Wait a second. Confusion turned to dizziness now, as I was calmly told that children of chaos, God forbid one who leaves dead roses in the mailbox, did not have intuition but were feeling all the emotions of people around them, a safeguard to protect others but ultimately myself, from pain and anxiety.
She asked slowly, and again, why did I need my family to believe I had a mental illness?
She is good, I tell ya.
The spot in my stomach got it, hard, and the tears came up my throat, which I choked them back, because I said, “I make them afraid. They think I will end up like my father.”
The dam broke.
I saw my problem in clear patterns, but to change them would to be going up against my greatest fears, and in fact, my fear has been justified.
I have been terrified, begging God for a disease rather than stand up for my self, a sad little girl who thought being separate wasn’t love, but finding no, it is.
To love myself is to be separate in identity to my own mother, to not help others afraid, to not take on the role of “problem child” wouldn’t that be betraying myself?
Her silence gave me my own answer.
No. Sometimes it is in changing oneself, it not even being personal, family dynamics will shift and respond in great resistance.
With my family, she warned, especially my mom, had most definitely a case of Post Traumatic Stress syndrome, I believe, of course the one I feel hit my heart like a brick is the very one I can’t remember, haven’t memorized like a fact or marked down in the Barnes N Noble, my caffeine addiction a factor I noted to write down to the “Bipolar” column.
I don’t know what love is yet, but I know it is okay now to be feared, well my mind says this, my heart breaks and hair stands up in the process, so I am terrified, trying to duct tape my mind and soul together as I watch my relationships disappear around me.
My greatest fear has happened.
I may lose everything to find myself.
I may be an orphan to feel whole.
I may have boundaries, but no one to practice them with, that in the end, just like my father, I will be abandoned, and not only that,
but it will be all my fault.
I want it back, the ebay saleswoman, who never brought up boundaries, and I wonder why. Helllooooo.

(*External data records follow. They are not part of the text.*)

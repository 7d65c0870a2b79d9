-- ===== src/Session/Extended/Portals/Ready.antt =====
-- The connection behind an Execute message.
use exa_postgres_interface.Base.{
  true, not, Option, none, some, Option-cases, Result-cases, Bool-cases, inl, inr, ◌≡◌, ◌||◌, arith,
  refl, ◌∙◌,
}
use exa_postgres_interface.Base.Text.{Text, text_eq}
use exa_postgres_interface.Crates.{Crates}
use exa_postgres_interface.Session.{Database, Client, Responses}
use exa_postgres_interface.Session.Extended.{Decoding}
use exa_postgres_interface.Session.Extended.Portals.{Encoding, execute_response}
use exa_postgres_interface.Session.Extended.Portals.Execute.{
  Wire, Executed, send_response, is_query, on_execute,
}

-- What pgwire says of `set_state` and of its store of portals.
pub record WireLaws {Q : Type 0} (wire : Wire Q) : Type 0 where
  pub ready : (w : wire.World) → wire.is_ready (wire.set_ready w) ≡ true
  pub still_ready :
      (w : wire.World) (name : Text) → wire.is_ready (wire.rm_portal w name) ≡ wire.is_ready w
  pub removed : (w : wire.World) (name : Text) → wire.get_portal (wire.rm_portal w name) name ≡ none

-- The portal of a message: the one that it names, or the default one.
abbrev pub portal_of : {Q : Type 0} → Wire Q → Option Text → Text
portal_of wire none = wire.default_name
portal_of wire (some name) = name

module _ {k : Crates} {db : Database k} {Q : Type 0} (wire : Wire Q) where
  -- A message that is served ends with a connection that is ready again, without the default portal
  -- if that was executed; one that comes too early or names no portal changes nothing.
  abbrev pub IsEnded : wire.World → Text → Option (Client db × wire.World × Executed) → Type 0
  IsEnded w name none = Unit {0}
  IsEnded w name (some (client, w', Executed.done)) =
      (wire.is_ready w' ≡ true)
      × (text_eq name wire.default_name ≡ true → wire.get_portal w' name ≡ none)
  IsEnded w name (some (client, w', Executed.not_ready_for_query)) = w' ≡ w
  IsEnded w name (some (client, w', Executed.portal_not_found _)) = w' ≡ w
  IsEnded w name (some (client, w', Executed.failed _)) = Unit {0}

named-IsEnded :
    {k : Crates} {db : Database k} (encoding : Encoding k) (d : Decoding)
    (execute_statement : Client db → Text → Option (Client db × Responses k))
    (wire : Wire encoding.QueryResponse)
    → WireLaws wire
    → (client : Client db) (w : wire.World) (name : Text)
    → IsEnded wire w name (on_execute encoding d execute_statement wire client w (some name))
unfolding on_execute
named-IsEnded encoding d execute_statement wire laws client w name =
    elim (Bool-cases (not (wire.is_ready w))) [
      | inl busy ↦ rw (busy, on_execute) refl
      | inr free ↦ elim (Option-cases (wire.get_portal w name)) [
        | inl absent ↦ rw (free, on_execute) (rw absent refl)
        | inr (portal, found) ↦
            elim (Option-cases (execute_response encoding d execute_statement client portal name)) [
              | inl stuck ↦ rw (free, on_execute) (rw found (rw stuck tt))
              | inr ((client', was_described, answer), ran) ↦ elim (Result-cases answer) [
                | inr (x, e) ↦ rw (free, on_execute) (rw found (rw ran (rw e tt)))
                | inl (response, e) ↦
                    elim (Result-cases (
                      (send_response wire (wire.set_in_progress w) response
                        (not (is_query response) || not was_described)).1)) [
                          | inr (x, f) ↦ rw (free, on_execute) (rw found (rw ran (rw e (rw f tt))))
                          | inl (sent, f) ↦ elim (Bool-cases (text_eq name wire.default_name)) [
                            | inl same ↦
                                rw (free, on_execute)
                                  (rw found (
                                    rw ran (
                                      rw e (
                                        rw f (
                                          rw same (
                                            laws.still_ready _ name ∙ laws.ready _,
                                            λ _. laws.removed _ name,
                                          ))))))
                            | inr other ↦
                                rw (free, on_execute)
                                  (rw found (
                                    rw ran (
                                      rw e (
                                        rw f (
                                          rw other (
                                            laws.ready _,
                                            λ same. absurd (ground (arith, same)),
                                          ))))))
                          ]
                        ]
              ]
            ]
      ]
    ]

-- An Execute message that is served, for the portal that it names or, without a name, for the default
-- portal, leaves the connection ready for the next query, and the default portal is gone if it was the
-- one; a message that comes while a query is in progress, or for a portal that is not there, leaves the
-- connection as it was.
pub on_execute-IsEnded :
    {k : Crates} {db : Database k} (encoding : Encoding k) (d : Decoding)
    (execute_statement : Client db → Text → Option (Client db × Responses k))
    (wire : Wire encoding.QueryResponse)
    → WireLaws wire
    → (client : Client db) (w : wire.World) (message_name : Option Text)
    → IsEnded wire w
        (portal_of wire message_name)
        (on_execute encoding d execute_statement wire client w message_name)
unfolding on_execute
on_execute-IsEnded encoding d execute_statement wire laws client w none =
    named-IsEnded encoding d execute_statement wire laws client w wire.default_name
on_execute-IsEnded encoding d execute_statement wire laws client w (some name) =
    named-IsEnded encoding d execute_statement wire laws client w name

Perhaps I needed her pain too, as if I could save even a therapist, I could avoid the weight of my life, a crashing building with only my self to hold on to, and so today, I will read the book the wisdom woman said, again, ask God for help, just for today, and remember that always, truth sets me free, and that the truth is, to be whole is all I ever wanted, to not hurt people is my fear but not my responsibility, that nothing comes from elephants, not rocking boats, and people who have whistles but never use them.
It is time to call out the elephant, rock the boat, blow the whistle, and remain. Remain in hope that love will set me free.
Maybe if I love after even all of this, something will be left for Kat and Lola to be proud of. I dedicate this journey to them, the only reasons I have to push through the storm, to believe in magic, gifts my spirit can’t see, to heal the splintered pieces of me.